## WHAT YOU WILL DO
Please find all lines containing "record" in the listing below and copy them.

## DATA PROVIDED
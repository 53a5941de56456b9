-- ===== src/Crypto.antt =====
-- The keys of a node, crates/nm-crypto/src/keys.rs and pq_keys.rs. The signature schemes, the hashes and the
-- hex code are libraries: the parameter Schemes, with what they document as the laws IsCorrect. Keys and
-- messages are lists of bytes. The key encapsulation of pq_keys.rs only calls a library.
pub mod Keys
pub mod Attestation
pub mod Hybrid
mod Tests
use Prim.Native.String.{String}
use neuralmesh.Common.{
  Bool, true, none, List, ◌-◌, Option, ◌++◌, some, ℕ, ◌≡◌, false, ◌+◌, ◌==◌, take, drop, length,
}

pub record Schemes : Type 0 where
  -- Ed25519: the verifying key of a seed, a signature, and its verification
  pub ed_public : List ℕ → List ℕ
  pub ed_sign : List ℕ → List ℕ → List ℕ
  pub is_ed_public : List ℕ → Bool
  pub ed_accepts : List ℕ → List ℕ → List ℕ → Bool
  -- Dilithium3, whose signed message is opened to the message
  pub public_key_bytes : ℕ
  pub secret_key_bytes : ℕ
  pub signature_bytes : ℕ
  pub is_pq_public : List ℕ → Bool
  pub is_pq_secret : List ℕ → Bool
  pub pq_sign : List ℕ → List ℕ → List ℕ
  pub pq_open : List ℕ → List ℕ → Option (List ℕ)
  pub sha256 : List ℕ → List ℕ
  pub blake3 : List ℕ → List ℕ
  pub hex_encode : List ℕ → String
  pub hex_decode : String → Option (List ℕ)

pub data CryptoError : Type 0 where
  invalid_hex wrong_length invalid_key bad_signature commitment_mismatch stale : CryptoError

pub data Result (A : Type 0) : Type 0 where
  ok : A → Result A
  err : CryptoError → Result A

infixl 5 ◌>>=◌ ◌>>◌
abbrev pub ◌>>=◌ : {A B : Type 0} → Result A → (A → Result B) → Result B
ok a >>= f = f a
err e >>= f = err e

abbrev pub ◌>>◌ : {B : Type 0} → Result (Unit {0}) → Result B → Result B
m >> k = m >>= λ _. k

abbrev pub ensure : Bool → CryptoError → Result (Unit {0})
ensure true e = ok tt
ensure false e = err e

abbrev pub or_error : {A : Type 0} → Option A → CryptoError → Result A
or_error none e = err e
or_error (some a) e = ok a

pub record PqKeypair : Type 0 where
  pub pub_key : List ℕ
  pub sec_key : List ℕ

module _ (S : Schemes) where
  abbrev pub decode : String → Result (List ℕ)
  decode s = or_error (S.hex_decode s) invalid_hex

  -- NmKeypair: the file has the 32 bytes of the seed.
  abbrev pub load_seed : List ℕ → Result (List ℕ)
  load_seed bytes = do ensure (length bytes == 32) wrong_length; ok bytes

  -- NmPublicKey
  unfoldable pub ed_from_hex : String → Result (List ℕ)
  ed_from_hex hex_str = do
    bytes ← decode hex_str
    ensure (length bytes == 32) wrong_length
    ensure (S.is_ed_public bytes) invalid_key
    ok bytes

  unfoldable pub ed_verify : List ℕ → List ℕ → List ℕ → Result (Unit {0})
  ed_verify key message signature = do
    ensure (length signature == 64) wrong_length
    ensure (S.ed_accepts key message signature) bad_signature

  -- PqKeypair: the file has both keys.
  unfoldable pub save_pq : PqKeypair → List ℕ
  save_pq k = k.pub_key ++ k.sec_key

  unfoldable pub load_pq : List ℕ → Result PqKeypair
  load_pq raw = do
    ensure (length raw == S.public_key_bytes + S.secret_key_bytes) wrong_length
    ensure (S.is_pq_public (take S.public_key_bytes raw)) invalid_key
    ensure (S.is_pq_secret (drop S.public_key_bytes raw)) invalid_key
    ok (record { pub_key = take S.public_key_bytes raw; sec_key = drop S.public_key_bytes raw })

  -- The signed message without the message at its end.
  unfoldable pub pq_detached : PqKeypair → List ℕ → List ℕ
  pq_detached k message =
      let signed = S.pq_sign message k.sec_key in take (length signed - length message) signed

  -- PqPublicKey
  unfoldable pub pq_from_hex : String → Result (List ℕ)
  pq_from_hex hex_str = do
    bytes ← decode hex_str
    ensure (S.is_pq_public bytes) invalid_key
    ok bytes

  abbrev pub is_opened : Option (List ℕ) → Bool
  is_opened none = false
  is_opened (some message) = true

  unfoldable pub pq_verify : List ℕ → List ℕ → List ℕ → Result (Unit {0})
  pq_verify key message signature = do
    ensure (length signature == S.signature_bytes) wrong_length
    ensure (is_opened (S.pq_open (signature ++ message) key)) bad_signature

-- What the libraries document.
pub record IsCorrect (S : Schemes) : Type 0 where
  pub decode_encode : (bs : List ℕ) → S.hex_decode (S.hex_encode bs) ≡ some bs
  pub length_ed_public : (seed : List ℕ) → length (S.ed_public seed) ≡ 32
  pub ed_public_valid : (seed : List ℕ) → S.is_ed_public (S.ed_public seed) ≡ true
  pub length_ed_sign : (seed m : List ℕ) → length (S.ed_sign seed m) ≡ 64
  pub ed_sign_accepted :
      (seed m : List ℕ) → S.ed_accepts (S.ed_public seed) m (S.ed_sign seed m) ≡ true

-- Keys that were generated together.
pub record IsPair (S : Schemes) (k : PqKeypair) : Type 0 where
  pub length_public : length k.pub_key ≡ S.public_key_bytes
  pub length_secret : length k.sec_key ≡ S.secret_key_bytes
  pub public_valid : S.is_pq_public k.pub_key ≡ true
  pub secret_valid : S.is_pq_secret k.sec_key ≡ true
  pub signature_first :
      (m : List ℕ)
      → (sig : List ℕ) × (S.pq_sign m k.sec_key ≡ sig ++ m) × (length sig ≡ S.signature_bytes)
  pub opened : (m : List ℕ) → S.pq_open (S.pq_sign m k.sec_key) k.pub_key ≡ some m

## OUTPUT
pub record Schemes : Type 0 where
pub record PqKeypair : Type 0 where
    ok (record { pub_key = take S.public_key_bytes raw; sec_key = drop S.public_key_bytes raw })
pub record IsCorrect (S : Schemes) : Type 0 where
pub record IsPair (S : Schemes) (k : PqKeypair) : Type 0 where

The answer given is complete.